Haklılık payı var. insan olan bunu gurur meselesi yapmaz. Görevine odaklanır. Sen savcı isen, vatandaşlara görev yapmak için savcısın. Bugünlerde pek belli olmuyor ya... Seni oraya atayan siyasetçileri seçen yurttaşlar. Senin gibi saygıyı hak ediyorlar. Görev yap diye atanmışsın o makama. Kapris yap diye değil.
Sivil olmadıkları sürece gayet haklı olan savcılardır.

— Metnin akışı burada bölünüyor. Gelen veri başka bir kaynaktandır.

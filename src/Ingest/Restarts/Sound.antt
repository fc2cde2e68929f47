-- ===== src/Ingest/Restarts/Sound.antt =====
-- Batches, failures and restarts leave every tenant's chain whole.
use multi_log.Prelude.{
  append_assoc, length-append, ◌<◌, arith, length, ◌+◌, ◌^◌, ◌≡◌, refl, sym, ◌∙◌, ap, Bool-cases,
  inl, inr, List, ◌++◌, Bytes, bytes_equal, bytes_equal→eq, Bytes_eq, get,
}
use mathlib.Core.Path.{subst}
use multi_log.Crypto.{Sha256, genesis}
use multi_log.Chain.{Entry}
use multi_log.Chain.Sealer.Chained.{IsChained}
use multi_log.Ingest.{LogStore, Record, Sealer, new_sealer, seal_batch}
use multi_log.Chain.Sealer.Agree.{IsChained-front}
use multi_log.Verify.{Report, verify_entries}
use multi_log.Verify.Replay.{verify_entries-IsChained}
use multi_log.Ingest.Restarts.{
  IsDurable, sealed_at, HasRoom, IsLost, Step, batch, restart, lost, Reachable, started, after,
  IsSound,
}
use multi_log.Ingest.Restarts.Settled.{
  resume-end_of, unchanged-IsSound, sealed_at-Continues, seal_batch-IsSound,
}

module _ ⦃sha : Sha256⦄ (logs : LogStore) (stored : Bytes → logs.State → List Entry)
    (durable : IsDurable logs stored) where
  fresh-IsSound :
      (t : Bytes) (store : logs.State)
      → IsChained t 0 (genesis t) (stored t store)
      → length (stored t store) < 2 ^ 64
      → IsSound logs stored t (new_sealer logs store)
  unfolding get
  fresh-IsSound t store chained fits = (chained, fits, λ h found. cc)

  -- The first of the entries that were to be appended, behind the chain.
  lost-own :
      (u : Bytes) (recs : List Record) (s : Sealer logs) (l : IsLost logs stored u recs s)
      → IsSound logs stored u s
      → HasRoom logs stored u recs s
      → IsSound logs stored u (new_sealer logs l.st)
  lost-own u recs s l sound room =
      let (chained, fits) =
        sealed_at-Continues logs stored durable u recs s l.h sound room
          (resume-end_of logs stored durable u s l.h sound l.at) in
      let whole : stored u s.store ++ sealed_at u recs l.h ≡ stored u l.st ++ l.back =
        ap (λ es. stored u s.store ++ es) l.parts
        ∙ sym (append_assoc (stored u s.store) l.front l.back)
        ∙ ap (λ es. es ++ l.back) (sym l.kept) in
      fresh-IsSound u l.st
        (IsChained-front u 0 (genesis u) (stored u l.st) l.back
          (subst (IsChained u 0 (genesis u)) whole chained))
        (omega (arith, fits, ap (length {A = Entry}) whole, length-append (stored u l.st) l.back))

  lost-IsSound :
      (u t : Bytes) (recs : List Record) (s : Sealer logs)
      → ((v : Bytes) → IsSound logs stored v s)
      → HasRoom logs stored u recs s
      → IsLost logs stored u recs s
      → IsSound logs stored t (new_sealer logs (seal_batch logs u recs s).1.store)
  unfolding seal_batch
  lost-IsSound u t recs s sound room l =
      rw (l.at, seal_batch, l.failed)
        (elim (Bool-cases (bytes_equal u t)) [
          | inr apart ↦
              unchanged-IsSound logs stored durable t (new_sealer logs s.store)
                (new_sealer logs l.st) (fresh-IsSound t s.store (sound t).0 (sound t).1)
                (l.others t apart) refl
          | inl same ↦
              subst (λ v. IsSound logs stored v (new_sealer logs l.st)) (bytes_equal→eq u t same)
                (lost-own u recs s l (sound u) room)
        ])

  Step-IsSound :
      {s s' : Sealer logs} (t : Bytes)
      → ((v : Bytes) → IsSound logs stored v s)
      → Step logs stored s s'
      → IsSound logs stored t s'
  Step-IsSound t sound (batch u recs s room clean) =
      seal_batch-IsSound logs stored durable u t recs s sound room clean
  Step-IsSound t sound (restart s) = fresh-IsSound t s.store (sound t).0 (sound t).1
  Step-IsSound t sound (lost u recs s room l) = lost-IsSound u t recs s sound room l

  Reachable-IsSound :
      {st : logs.State} {s : Sealer logs} (t : Bytes)
      → ((v : Bytes) → IsChained v 0 (genesis v) (stored v st) × (length (stored v st) < 2 ^ 64))
      → Reachable logs stored st s
      → IsSound logs stored t s
  Reachable-IsSound {st} t first started = fresh-IsSound t st (first t).0 (first t).1
  Reachable-IsSound t first (after reached step) =
      Step-IsSound t (λ v. Reachable-IsSound v first reached) step

  -- However a gateway's batches and restarts follow each other, a replay of what its store then holds
  -- for a tenant reports no issue and counts every entry. An append may fail at any batch, if it has
  -- then stored nothing, or if the gateway is restarted right after it, where it may have stored the
  -- first of its entries or all of them. In the store, an append that succeeds leaves other tenants
  -- alone and puts entries that continue their tenant's chain behind it, and the head is that behind an
  -- unbroken chain; it held unbroken chains when the gateway was first started, and no tenant's numbers
  -- run out.
  pub Reachable-verify_entries :
      {st : logs.State} {s : Sealer logs} (t : Bytes) (r : Report)
      → ((v : Bytes) → IsChained v 0 (genesis v) (stored v st) × (length (stored v st) < 2 ^ 64))
      → Reachable logs stored st s
      → verify_entries t (genesis t) 0 (stored t s.store) r
        ≡ record r { entries_checked = r.entries_checked + length (stored t s.store) }
  Reachable-verify_entries {s} t r first reached =
      let (chained, fits, _) = Reachable-IsSound t first reached in
      verify_entries-IsChained t (genesis t) 0 (stored t s.store) r (omega arith) chained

Askere gittiğinde komutanına bir tolga bey ya da kadınsa filiz hanım demeyi dene bakalım neler olacak? Kimse ünvanlara tapmıyor ucubeler, oralar devlet makamları semt pazarları değil, o ünvanlar boşuna verilmiyor. Sayın savcım demek çok zor olmasa gerek. Cumhurbaşkanı ile karşılaşsan tayyip bey mi diyeceksin meselâ? Kişiye saygı ile makama saygı farklı şeylerdir. Yoksa kimse meraklı değil üç günlük dünyada birilerine saygı duymaya. Bu sadece devlet makamına saygı duymaktır. Devlet makamlarına saygının bittiği bir yer kabileye dönüşmüş demektir. Öyle bir durumda o makamları mumla ararsınız.
Benim savcı bir flört vardı bir zamanlar. Çocuk şuan açığa alınmış, intiharın eşiğinde. Sebebi de kumar batağında olması…
Ben bu mesleğin böyle herkes tarafından yapılabilmesine şok olmuştum. Adam doğuda bulunduğu ilçede herkesten borç almış ve tehdit ediliyormuş ki bu ilçenin çoğu pkklı.